■ Your goal
Records follow. Pull out every line that contains "back".

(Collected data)
■ ■ ■ ■
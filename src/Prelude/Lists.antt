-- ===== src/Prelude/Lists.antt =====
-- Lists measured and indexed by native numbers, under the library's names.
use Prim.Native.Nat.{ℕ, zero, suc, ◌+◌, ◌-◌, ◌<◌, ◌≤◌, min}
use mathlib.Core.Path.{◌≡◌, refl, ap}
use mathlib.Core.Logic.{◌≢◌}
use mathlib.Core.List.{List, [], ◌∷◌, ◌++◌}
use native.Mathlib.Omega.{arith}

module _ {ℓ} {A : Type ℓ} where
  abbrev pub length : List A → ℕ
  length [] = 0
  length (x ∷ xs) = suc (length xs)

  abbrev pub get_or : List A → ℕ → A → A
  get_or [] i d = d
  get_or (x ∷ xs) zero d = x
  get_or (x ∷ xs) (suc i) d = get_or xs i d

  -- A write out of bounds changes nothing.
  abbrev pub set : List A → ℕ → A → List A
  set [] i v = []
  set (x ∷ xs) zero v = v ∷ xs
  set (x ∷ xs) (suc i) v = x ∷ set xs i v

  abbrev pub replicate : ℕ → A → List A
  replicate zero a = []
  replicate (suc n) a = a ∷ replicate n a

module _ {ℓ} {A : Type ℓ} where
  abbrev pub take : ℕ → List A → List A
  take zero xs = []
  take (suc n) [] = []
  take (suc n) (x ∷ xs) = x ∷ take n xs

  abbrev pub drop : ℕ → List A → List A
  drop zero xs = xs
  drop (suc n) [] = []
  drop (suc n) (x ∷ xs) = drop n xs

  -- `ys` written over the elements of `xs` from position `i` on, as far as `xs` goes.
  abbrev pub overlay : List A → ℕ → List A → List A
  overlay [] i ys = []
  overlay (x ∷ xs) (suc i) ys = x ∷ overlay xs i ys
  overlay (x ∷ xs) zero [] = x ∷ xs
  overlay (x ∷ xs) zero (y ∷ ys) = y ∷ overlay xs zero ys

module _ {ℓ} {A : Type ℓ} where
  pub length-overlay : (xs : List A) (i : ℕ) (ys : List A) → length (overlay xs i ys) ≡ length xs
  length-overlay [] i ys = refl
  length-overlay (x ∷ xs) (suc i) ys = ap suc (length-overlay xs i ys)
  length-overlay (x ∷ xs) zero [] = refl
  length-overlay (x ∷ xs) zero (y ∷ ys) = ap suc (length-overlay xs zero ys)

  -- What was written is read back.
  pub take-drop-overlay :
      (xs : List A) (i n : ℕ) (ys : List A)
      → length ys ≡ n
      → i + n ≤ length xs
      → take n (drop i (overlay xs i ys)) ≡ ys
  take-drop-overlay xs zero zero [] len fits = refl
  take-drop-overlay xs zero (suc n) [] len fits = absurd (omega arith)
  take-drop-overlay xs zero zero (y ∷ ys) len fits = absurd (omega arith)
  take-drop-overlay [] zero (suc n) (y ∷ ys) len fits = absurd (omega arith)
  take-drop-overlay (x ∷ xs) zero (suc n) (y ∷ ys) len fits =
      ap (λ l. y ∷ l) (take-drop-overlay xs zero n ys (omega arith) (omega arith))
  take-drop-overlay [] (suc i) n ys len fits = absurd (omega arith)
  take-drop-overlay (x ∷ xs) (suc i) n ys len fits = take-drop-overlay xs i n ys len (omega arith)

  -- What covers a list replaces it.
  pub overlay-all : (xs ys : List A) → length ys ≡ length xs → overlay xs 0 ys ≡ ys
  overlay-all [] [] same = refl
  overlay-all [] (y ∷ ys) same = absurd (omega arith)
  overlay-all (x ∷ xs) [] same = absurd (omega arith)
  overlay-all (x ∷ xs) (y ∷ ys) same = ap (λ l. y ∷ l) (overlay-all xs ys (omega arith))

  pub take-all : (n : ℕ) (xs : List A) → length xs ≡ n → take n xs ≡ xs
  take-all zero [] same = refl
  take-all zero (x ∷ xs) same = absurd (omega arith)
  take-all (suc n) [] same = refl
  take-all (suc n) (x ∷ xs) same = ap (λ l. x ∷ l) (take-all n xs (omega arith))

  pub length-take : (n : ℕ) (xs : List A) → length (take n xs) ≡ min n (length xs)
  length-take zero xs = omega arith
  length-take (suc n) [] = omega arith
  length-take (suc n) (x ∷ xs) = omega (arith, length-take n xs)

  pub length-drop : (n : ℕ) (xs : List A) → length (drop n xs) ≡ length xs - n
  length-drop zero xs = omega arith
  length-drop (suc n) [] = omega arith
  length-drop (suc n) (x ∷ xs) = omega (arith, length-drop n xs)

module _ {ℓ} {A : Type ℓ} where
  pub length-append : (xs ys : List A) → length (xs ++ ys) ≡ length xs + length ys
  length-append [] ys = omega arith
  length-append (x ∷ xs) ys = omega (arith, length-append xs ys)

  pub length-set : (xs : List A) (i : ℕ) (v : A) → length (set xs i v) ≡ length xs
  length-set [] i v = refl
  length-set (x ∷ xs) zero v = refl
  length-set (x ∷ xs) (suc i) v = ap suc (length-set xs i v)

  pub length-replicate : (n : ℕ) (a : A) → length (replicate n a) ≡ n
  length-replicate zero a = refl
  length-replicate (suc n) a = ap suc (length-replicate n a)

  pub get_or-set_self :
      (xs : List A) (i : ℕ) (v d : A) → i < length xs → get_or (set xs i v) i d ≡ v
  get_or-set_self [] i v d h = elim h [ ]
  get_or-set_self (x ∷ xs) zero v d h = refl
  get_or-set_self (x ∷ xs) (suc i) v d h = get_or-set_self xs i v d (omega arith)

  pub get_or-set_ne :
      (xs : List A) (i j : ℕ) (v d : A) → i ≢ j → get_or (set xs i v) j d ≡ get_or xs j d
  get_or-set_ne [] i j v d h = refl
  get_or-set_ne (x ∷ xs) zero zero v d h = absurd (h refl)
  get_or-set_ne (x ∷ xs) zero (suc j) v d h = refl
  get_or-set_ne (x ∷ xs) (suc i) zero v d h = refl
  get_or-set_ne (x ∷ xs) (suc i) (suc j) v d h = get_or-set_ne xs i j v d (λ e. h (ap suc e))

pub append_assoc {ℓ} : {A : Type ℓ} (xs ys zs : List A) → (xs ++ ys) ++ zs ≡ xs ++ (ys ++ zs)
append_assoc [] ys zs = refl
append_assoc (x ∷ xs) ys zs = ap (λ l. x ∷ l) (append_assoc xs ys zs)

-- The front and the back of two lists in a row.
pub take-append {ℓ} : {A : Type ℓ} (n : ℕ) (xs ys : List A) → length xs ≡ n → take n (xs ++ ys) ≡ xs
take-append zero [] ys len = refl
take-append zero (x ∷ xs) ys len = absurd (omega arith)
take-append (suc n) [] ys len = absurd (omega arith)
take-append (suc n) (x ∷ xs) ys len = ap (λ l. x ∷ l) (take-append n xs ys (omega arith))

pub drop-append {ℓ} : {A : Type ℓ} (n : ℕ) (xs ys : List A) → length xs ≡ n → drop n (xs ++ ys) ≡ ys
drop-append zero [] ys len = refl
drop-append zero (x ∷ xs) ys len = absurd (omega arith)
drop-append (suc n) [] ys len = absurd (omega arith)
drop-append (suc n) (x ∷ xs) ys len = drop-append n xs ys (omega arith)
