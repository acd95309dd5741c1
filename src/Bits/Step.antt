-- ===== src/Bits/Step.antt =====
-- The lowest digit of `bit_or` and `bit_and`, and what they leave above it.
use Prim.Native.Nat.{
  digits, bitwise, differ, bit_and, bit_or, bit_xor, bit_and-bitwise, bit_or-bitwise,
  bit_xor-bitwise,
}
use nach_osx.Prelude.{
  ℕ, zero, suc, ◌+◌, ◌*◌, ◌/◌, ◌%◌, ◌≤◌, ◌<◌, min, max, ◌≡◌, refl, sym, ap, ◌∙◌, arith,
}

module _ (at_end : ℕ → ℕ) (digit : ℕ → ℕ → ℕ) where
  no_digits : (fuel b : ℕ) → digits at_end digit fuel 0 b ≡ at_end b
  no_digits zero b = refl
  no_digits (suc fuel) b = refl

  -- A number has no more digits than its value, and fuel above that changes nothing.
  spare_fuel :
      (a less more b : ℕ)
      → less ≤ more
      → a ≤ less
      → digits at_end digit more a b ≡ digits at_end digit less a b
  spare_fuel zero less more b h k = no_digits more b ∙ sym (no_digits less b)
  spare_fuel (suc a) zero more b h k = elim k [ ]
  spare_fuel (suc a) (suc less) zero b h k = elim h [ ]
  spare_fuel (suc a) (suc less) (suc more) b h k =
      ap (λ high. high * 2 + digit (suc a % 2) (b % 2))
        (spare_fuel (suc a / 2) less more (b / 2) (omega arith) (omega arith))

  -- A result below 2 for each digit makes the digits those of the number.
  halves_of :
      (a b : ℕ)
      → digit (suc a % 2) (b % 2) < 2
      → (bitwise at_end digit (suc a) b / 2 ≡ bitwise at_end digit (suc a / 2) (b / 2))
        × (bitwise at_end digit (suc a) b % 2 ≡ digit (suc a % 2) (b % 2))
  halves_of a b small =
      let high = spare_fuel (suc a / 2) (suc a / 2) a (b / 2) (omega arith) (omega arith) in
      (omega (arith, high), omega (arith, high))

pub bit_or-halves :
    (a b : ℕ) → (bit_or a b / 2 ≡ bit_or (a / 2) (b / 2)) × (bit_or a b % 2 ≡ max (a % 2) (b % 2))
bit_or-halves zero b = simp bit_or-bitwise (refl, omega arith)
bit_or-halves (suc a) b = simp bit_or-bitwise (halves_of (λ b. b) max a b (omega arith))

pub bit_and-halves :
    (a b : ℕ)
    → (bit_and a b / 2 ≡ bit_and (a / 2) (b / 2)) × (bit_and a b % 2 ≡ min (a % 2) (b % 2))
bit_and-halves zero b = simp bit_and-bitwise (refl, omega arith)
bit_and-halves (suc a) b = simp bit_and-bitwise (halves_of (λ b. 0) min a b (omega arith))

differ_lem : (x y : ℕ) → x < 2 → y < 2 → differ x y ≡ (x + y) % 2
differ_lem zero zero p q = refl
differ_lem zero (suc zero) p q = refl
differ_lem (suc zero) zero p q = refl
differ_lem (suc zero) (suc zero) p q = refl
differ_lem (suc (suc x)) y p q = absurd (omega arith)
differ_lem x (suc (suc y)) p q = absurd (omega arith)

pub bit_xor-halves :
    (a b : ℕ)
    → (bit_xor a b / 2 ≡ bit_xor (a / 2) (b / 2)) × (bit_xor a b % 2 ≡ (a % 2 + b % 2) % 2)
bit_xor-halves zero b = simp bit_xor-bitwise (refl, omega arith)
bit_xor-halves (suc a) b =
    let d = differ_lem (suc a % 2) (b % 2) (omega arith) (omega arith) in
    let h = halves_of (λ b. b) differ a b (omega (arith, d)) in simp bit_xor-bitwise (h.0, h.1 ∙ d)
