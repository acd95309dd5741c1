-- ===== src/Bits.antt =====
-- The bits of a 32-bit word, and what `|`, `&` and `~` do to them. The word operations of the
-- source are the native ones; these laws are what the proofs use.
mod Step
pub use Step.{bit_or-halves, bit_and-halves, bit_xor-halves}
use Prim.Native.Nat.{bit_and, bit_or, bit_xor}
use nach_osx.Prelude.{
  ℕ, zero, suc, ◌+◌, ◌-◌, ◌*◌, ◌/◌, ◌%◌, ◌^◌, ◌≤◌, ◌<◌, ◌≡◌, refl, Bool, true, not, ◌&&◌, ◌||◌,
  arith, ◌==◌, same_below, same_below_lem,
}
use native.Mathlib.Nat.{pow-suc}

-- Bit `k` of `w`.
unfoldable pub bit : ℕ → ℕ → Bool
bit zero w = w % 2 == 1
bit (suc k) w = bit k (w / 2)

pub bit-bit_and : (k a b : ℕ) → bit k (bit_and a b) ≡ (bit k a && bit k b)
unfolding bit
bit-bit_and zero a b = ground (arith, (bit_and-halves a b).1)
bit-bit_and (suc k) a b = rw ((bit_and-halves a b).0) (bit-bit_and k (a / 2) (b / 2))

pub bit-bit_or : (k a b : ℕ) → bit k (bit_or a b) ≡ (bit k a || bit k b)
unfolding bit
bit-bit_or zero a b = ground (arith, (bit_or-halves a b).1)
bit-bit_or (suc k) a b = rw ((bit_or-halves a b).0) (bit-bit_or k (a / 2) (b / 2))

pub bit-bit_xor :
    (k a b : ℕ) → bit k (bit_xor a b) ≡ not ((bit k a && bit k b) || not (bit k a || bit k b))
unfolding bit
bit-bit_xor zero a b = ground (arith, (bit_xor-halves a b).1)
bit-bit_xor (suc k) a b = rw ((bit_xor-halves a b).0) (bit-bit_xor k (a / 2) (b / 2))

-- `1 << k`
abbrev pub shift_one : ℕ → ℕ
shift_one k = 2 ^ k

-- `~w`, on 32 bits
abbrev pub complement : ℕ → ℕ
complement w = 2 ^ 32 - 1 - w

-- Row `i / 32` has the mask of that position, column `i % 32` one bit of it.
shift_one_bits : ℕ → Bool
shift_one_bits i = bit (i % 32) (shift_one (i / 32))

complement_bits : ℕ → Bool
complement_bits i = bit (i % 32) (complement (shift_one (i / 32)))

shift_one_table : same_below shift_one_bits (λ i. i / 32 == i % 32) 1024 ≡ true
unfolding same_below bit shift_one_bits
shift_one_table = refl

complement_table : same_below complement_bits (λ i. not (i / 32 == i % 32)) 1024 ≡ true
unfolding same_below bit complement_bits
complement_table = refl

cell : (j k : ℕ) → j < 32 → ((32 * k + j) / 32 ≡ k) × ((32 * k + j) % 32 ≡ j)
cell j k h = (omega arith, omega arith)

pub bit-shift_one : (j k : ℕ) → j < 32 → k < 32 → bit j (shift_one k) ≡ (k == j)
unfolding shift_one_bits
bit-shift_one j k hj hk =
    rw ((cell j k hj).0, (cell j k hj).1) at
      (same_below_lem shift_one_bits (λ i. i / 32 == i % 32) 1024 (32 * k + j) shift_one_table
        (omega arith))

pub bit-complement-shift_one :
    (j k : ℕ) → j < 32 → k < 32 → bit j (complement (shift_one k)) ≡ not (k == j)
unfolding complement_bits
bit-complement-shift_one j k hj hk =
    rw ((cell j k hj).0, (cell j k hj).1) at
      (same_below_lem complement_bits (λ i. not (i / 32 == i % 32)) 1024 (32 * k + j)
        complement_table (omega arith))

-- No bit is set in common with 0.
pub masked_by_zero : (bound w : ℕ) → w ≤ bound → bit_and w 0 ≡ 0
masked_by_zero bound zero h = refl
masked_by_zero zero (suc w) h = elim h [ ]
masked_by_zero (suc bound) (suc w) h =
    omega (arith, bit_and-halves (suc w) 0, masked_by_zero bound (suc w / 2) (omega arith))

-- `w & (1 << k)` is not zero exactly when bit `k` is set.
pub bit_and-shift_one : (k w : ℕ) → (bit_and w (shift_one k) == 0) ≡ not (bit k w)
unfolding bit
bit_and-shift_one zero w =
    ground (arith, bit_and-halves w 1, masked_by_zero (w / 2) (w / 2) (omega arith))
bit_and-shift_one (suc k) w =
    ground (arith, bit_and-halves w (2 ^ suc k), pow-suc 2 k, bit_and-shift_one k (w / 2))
■ ■ ■ ■
■ Result
  -- What was written is read back.
-- The front and the back of two lists in a row.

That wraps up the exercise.